LGESQL: Line Graph Enhanced Text-to-SQL Model with Mixed Local and Non-Local Relations
Ruisheng Cao, Lu Chen, Zhi Chen, Yanbin Zhao, Su Zhu, Kai Yu
TL;DR
This paper tackles the heterogeneous graph encoding challenge in text-to-SQL by introducing LGESQL, which leverages a line graph to explicitly model edge topology and differentiates local and non-local relations during graph iterations. It employs a dual RGAT framework operating on both the original node-centric graph and its line graph, with local edge features dynamically sourced from the line graph and non-local features drawn from a static embedding matrix, plus two schemes (MSDE and MMC) to fuse multi-view information. An auxiliary graph pruning task biases the encoder toward gateway schema items, improving discriminative capability through a multitask objective. On the Spider benchmark, LGESQL achieves state-of-the-art results, notably $62.8\%$ with GloVe and $72.0\%$ with Electra, illustrating the practical impact of edge-centric relational modeling for cross-domain text-to-SQL.
Abstract
This work aims to tackle the challenging heterogeneous graph encoding problem in the text-to-SQL task. Previous methods are typically node-centric and merely utilize different weight matrices to parameterize edge types, which 1) ignore the rich semantics embedded in the topological structure of edges, and 2) fail to distinguish local and non-local relations for each node. To this end, we propose a Line Graph Enhanced Text-to-SQL (LGESQL) model to mine the underlying relational features without constructing meta-paths.

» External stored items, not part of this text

-- ===== src/Buffered/Twice.antt =====
-- my_fread of example/io_uring_polling.c: the first call, whose bytes come through the ring, and the second.
use io_uring_example.Base.{
  ℕ, ◌≤◌, ◌≡◌, refl, ◌∙◌, true, some, List, length, take, arith, done, le→leb, ◌==◌, pos, to_size,
}
use io_uring_example.Kernel.{Cqe, op_readv}
use io_uring_example.Buffered.{Stdio, MyFile, Fread, buffer_size, prep_rw, read_async, my_fread}
use io_uring_example.Buffered.Later.{Streams, started, sync_end, my_fread-later}

module _ {M : Type 0} (stdio : Stdio M) (content : List ℕ) (mf : MyFile)
    (streams : Streams stdio content mf.stream) where
  -- The readv through the ring, as documented: there is an entry, its completion comes with the
  -- file's first 1024 bytes, and the position of the stream is left alone.
  pub record ReadsFirst (m : M) : Type 0 where
    pub slot : ℕ
    pub taken : M
    pub after : M
    pub cqe : Cqe
    pub got_slot : stdio.get_sqe mf.ring m ≡ some (slot, taken)
    pub waited :
        stdio.wait_cqe mf.ring (
          stdio.submit mf.ring
            (stdio.write_sqe slot (prep_rw op_readv (stdio.fileno mf.stream) mf.iov 1 0) taken))
        ≡ (pos 0, cqe, after)
    pub res : cqe.res ≡ pos buffer_size
    pub bytes : stdio.memory mf.iov_base buffer_size after ≡ take buffer_size content
    pub place : streams.position (stdio.cqe_seen mf.ring after) ≡ streams.position m

  async_run :
      (room : ℕ) (m : M) (r : ReadsFirst m)
      → buffer_size ≤ room
      → read_async stdio room mf (started stdio buffer_size m)
        ≡ done (
          true,
          record mf { async_initiated = 1 },
          record {
            total_bytes = 0;
            bytes_read = buffer_size;
            stored = take buffer_size content;
            machine = stdio.cqe_seen mf.ring r.after;
          },
        )
  unfolding read_async to_size
  async_run room m r fits =
      rw (r.got_slot, read_async, r.waited, r.res, le→leb buffer_size room fits, r.bytes)

  pub first_run :
      (room : ℕ) (m : M) (r : ReadsFirst m)
      → (mf.async_initiated == 0) ≡ true
      → buffer_size ≤ room
      → my_fread stdio 2 room 1 buffer_size mf m
        ≡ done (record {
          result = buffer_size;
          stored = take buffer_size content;
          mf = record mf { async_initiated = 1 };
          machine = stdio.cqe_seen mf.ring r.after;
        })
  unfolding my_fread
  first_run room m r first fits =
      rw (first, async_run room m r fits)
        (rw (
          sync_end stdio 2 room (record mf { async_initiated = 1 })
            (record {
              total_bytes = 0;
              bytes_read = buffer_size;
              stored = take buffer_size content;
              machine = stdio.cqe_seen mf.ring r.after;
            })
            refl))

  -- On a file of 1024 bytes or more whose stream stands at its start, with a first readv that serves 1024
  -- bytes and room for as many: the first two calls for 1024 bytes both return 1024, and both
  -- store the same bytes, the first 1024 of the file.
  pub my_fread-twice :
      (room : ℕ) (m : M)
      → ReadsFirst m
      → (mf.async_initiated == 0) ≡ true
      → streams.position m ≡ 0
      → buffer_size ≤ length content
      → buffer_size ≤ room
      → (a : Fread M) × (b : Fread M) × (my_fread stdio 2 room 1 buffer_size mf m ≡ done a)
        × (my_fread stdio 2 room 1 buffer_size a.mf a.machine ≡ done b)
        × (a.result ≡ buffer_size)
        × (b.result ≡ buffer_size)
        × (a.stored ≡ take buffer_size content)
        × (b.stored ≡ take buffer_size content)
  my_fread-twice room m r first start long fits =
      let a : Fread M = record {
        result = buffer_size;
        stored = take buffer_size content;
        mf = record mf { async_initiated = 1 };
        machine = stdio.cqe_seen mf.ring r.after;
      } in
      let (b, run, stored, result) =
        my_fread-later stdio content (record mf { async_initiated = 1 }) streams a.machine room
          buffer_size refl (omega arith) (omega arith) fits in
      let place : streams.position a.machine ≡ 0 = r.place ∙ start in
      (
        a,
        b,
        first_run room m r first fits,
        run,
        refl,
        result ∙ rw (place, le→leb buffer_size (length content) long),
        refl,
        stored ∙ rw place,
      )
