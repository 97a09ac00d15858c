-- ===== src/Buffered/Main.antt =====
-- main of example/io_uring_polling.c, with what it prints.
use io_uring_example.Base.{
  ℕ, zero, suc, ◌≡◌, refl, ap, true, false, Option, none, some, List, [], ◌∷◌, ◌++◌, take, ltb,
  ◌==◌, if◌then◌else◌, Run, done, fault, ◌>>=◌, ◌>>◌, assert, arith,
}
use io_uring_example.Buffered.{Stdio, MyFile, Fread, buffer_size, my_fopen, my_fread, my_fclose}
use io_uring_example.Buffered.Later.{Streams}
use io_uring_example.Buffered.Twice.{ReadsFirst, first_run}

-- what printf("%s") prints of a char array: the bytes before the first 0
unfoldable pub until_zero : List ℕ → List ℕ
until_zero [] = []
until_zero (x ∷ xs) = if x == 0 then [] else x ∷ until_zero xs

module _ {M : Type 0} (stdio : Stdio M) where
  -- the loop of main with 10 - times rounds left; `buffer` has 1024 bytes, and buffer[n] is one of them
  unfoldable pub print_rounds : ℕ → ℕ → MyFile → M → List ℕ → Run (List ℕ × MyFile × M)
  print_rounds fuel zero mf m output = done (output, mf, m)
  print_rounds fuel (suc left) mf m output =
      my_fread stdio fuel buffer_size 1 buffer_size mf m >>= λ r. elim (ltb 0 r.result) [
        | false ↦ done (output, r.mf, r.machine)
        | true ↦
            assert (ltb r.result buffer_size)
            >> print_rounds fuel left r.mf r.machine (output ++ until_zero (take r.result r.stored))
      ]

  -- main, with the name and the mode that it passes: the exit status, what is printed, the machine
  unfoldable pub main : ℕ → List ℕ → List ℕ → M → Run (ℕ × List ℕ × M)
  main fuel filename mode m =
      let (file, m1) = my_fopen stdio filename mode m in
      elim file [
        | none ↦ done (1, [], m1)
        | some (address, mf) ↦
            print_rounds fuel 10 mf m1 [] >>= λ p. done (0, p.0, my_fclose stdio address p.1 p.2)
      ]

module _ {M : Type 0} (stdio : Stdio M) (content : List ℕ) (mf : MyFile)
    (streams : Streams stdio content mf.stream) where
  full_round :
      (left : ℕ) (m : M) (r : Fread M)
      → my_fread stdio 2 buffer_size 1 buffer_size mf m ≡ done r
      → r.result ≡ buffer_size
      → print_rounds stdio 2 (suc left) mf m [] ≡ fault
  unfolding print_rounds
  full_round left m r run full = rw (run, full)

  -- Where the first readv of the file that my_fopen opens serves 1024 bytes, main writes
  -- buffer[1024] = '\0' behind the array.
  pub main-fault :
      (filename mode : List ℕ) (m m1 : M) (address : ℕ)
      → my_fopen stdio filename mode m ≡ (some (address, mf), m1)
      → ReadsFirst stdio content mf streams m1
      → (mf.async_initiated == 0) ≡ true
      → main stdio 2 filename mode m ≡ fault
  unfolding main
  main-fault filename mode m m1 address open_run r first = rw (
    main,
    open_run,
    ap (λ (t : Option (ℕ × MyFile) × M). t.1) open_run,
    full_round 9 m1 _ (first_run stdio content mf streams buffer_size m1 r first (omega arith))
        refl,
  )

By virtue of the line graph, messages propagate more efficiently through not only connections between nodes, but also the topology of directed edges. Furthermore, both local and non-local relations are integrated distinctively during the graph iteration. We also design an auxiliary task called graph pruning to improve the discriminative capability of the encoder. Our framework achieves state-of-the-art results (62.8% with Glove, 72.0% with Electra) on the cross-domain text-to-SQL benchmark Spider at the time of writing.